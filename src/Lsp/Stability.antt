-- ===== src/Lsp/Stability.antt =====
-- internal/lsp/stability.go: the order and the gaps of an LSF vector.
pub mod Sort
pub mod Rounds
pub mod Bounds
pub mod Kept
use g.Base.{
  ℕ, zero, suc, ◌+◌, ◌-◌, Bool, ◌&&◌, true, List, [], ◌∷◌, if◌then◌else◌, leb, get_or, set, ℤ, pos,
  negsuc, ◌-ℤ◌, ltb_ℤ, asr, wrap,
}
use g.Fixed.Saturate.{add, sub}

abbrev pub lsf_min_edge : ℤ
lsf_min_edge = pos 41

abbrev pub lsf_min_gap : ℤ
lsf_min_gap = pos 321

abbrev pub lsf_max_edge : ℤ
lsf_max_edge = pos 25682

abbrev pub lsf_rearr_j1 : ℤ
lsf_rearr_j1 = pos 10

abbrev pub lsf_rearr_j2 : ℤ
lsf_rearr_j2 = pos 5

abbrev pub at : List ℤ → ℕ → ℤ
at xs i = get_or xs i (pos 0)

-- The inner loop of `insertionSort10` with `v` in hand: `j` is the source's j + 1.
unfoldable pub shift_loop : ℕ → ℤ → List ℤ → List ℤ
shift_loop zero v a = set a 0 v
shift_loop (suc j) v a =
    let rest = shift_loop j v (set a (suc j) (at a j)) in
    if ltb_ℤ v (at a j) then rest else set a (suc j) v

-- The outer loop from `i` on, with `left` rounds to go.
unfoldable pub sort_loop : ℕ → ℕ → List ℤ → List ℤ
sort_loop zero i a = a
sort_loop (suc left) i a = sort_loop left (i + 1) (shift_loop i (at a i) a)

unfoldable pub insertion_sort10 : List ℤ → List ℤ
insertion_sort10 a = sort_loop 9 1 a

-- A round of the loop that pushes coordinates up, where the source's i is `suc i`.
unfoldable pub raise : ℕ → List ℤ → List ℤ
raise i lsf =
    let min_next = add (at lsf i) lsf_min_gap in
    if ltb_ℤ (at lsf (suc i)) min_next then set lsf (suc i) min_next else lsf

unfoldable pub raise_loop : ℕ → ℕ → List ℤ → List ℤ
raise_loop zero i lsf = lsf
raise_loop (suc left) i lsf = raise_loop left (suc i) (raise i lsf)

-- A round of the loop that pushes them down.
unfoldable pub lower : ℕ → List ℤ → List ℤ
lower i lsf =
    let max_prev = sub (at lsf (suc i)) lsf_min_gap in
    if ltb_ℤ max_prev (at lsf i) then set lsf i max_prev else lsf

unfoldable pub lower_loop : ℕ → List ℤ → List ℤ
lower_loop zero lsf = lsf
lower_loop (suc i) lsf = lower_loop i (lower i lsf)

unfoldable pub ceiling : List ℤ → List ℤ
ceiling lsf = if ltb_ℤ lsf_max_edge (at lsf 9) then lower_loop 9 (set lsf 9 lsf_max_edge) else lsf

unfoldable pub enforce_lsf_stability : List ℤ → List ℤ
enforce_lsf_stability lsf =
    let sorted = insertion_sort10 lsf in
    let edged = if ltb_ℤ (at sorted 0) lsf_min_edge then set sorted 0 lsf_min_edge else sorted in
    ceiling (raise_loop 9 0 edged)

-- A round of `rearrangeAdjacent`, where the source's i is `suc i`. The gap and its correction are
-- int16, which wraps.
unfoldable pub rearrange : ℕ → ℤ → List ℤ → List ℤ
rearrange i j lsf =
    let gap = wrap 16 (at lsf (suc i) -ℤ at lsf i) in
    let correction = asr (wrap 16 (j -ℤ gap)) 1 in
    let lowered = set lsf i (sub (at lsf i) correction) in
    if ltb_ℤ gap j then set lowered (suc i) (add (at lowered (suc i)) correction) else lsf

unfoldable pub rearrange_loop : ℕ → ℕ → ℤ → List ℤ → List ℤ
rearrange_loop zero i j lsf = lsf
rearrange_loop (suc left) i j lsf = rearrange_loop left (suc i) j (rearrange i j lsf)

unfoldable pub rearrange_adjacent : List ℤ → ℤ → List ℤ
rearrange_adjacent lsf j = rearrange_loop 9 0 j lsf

────────────────

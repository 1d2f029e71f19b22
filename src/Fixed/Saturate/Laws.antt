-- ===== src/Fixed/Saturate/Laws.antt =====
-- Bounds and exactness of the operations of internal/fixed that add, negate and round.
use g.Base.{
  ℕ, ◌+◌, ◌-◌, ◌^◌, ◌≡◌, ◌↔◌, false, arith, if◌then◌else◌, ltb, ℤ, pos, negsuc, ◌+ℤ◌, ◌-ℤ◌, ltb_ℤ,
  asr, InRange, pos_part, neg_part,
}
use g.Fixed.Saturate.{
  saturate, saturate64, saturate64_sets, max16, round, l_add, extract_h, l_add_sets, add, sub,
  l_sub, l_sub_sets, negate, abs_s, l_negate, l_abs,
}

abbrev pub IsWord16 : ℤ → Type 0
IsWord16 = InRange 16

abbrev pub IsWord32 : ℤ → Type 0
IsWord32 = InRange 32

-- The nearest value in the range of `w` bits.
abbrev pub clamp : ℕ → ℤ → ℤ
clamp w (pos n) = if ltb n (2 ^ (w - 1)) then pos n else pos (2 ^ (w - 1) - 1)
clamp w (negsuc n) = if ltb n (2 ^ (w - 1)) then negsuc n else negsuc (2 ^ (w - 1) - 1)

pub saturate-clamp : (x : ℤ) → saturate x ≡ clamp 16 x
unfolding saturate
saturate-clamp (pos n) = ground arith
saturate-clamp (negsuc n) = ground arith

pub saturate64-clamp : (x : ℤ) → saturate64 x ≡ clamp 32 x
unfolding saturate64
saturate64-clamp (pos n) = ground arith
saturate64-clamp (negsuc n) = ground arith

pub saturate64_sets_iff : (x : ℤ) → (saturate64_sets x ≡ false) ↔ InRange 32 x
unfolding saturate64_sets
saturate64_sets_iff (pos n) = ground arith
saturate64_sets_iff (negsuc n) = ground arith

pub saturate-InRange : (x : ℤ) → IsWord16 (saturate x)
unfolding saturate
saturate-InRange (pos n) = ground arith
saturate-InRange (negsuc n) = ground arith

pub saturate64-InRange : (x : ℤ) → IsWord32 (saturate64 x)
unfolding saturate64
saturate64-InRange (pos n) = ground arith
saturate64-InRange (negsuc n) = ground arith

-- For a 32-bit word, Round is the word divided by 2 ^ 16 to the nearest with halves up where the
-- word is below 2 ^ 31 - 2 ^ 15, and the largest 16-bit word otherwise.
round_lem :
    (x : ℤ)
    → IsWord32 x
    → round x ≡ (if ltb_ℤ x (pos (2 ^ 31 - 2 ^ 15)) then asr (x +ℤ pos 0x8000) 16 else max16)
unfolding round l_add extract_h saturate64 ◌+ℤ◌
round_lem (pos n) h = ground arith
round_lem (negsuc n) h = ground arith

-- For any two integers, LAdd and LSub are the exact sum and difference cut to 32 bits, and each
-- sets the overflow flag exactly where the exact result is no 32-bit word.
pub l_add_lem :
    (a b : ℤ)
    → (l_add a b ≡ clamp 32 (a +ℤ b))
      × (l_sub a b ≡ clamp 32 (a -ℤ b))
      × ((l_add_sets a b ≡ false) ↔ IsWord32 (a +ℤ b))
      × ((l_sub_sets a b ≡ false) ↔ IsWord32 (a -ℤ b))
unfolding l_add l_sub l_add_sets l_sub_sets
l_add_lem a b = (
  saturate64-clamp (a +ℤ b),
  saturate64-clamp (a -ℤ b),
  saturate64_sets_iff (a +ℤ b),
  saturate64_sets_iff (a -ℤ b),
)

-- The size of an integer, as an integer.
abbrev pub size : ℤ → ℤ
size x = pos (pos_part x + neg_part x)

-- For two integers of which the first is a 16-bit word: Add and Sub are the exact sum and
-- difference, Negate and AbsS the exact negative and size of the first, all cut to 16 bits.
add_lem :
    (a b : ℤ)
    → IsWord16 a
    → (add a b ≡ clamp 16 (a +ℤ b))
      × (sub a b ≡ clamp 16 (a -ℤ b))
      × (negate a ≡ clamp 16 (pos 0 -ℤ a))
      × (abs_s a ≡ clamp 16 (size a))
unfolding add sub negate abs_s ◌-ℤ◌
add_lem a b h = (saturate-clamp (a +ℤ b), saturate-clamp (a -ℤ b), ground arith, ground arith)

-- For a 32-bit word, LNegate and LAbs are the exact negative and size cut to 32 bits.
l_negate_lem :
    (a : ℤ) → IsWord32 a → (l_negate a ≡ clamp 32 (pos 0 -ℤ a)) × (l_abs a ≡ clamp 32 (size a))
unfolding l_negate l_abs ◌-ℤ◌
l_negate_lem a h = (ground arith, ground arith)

────────────────

- **PROBLEM REQUIREMENTS**
Once you reach the line with "let lowered = set" in the data above, copy it and every line after it exactly, up to and including the line with "rearrange_adjacent lsf j".

- **RESPONSE AREA**
    let lowered = set lsf i (sub (at lsf i) correction) in
    if ltb_ℤ gap j then set lowered (suc i) (add (at lowered (suc i)) correction) else lsf

unfoldable pub rearrange_loop : ℕ → ℕ → ℤ → List ℤ → List ℤ
rearrange_loop zero i j lsf = lsf
rearrange_loop (suc left) i j lsf = rearrange_loop left (suc i) j (rearrange i j lsf)

unfoldable pub rearrange_adjacent : List ℤ → ℤ → List ℤ
rearrange_adjacent lsf j = rearrange_loop 9 0 j lsf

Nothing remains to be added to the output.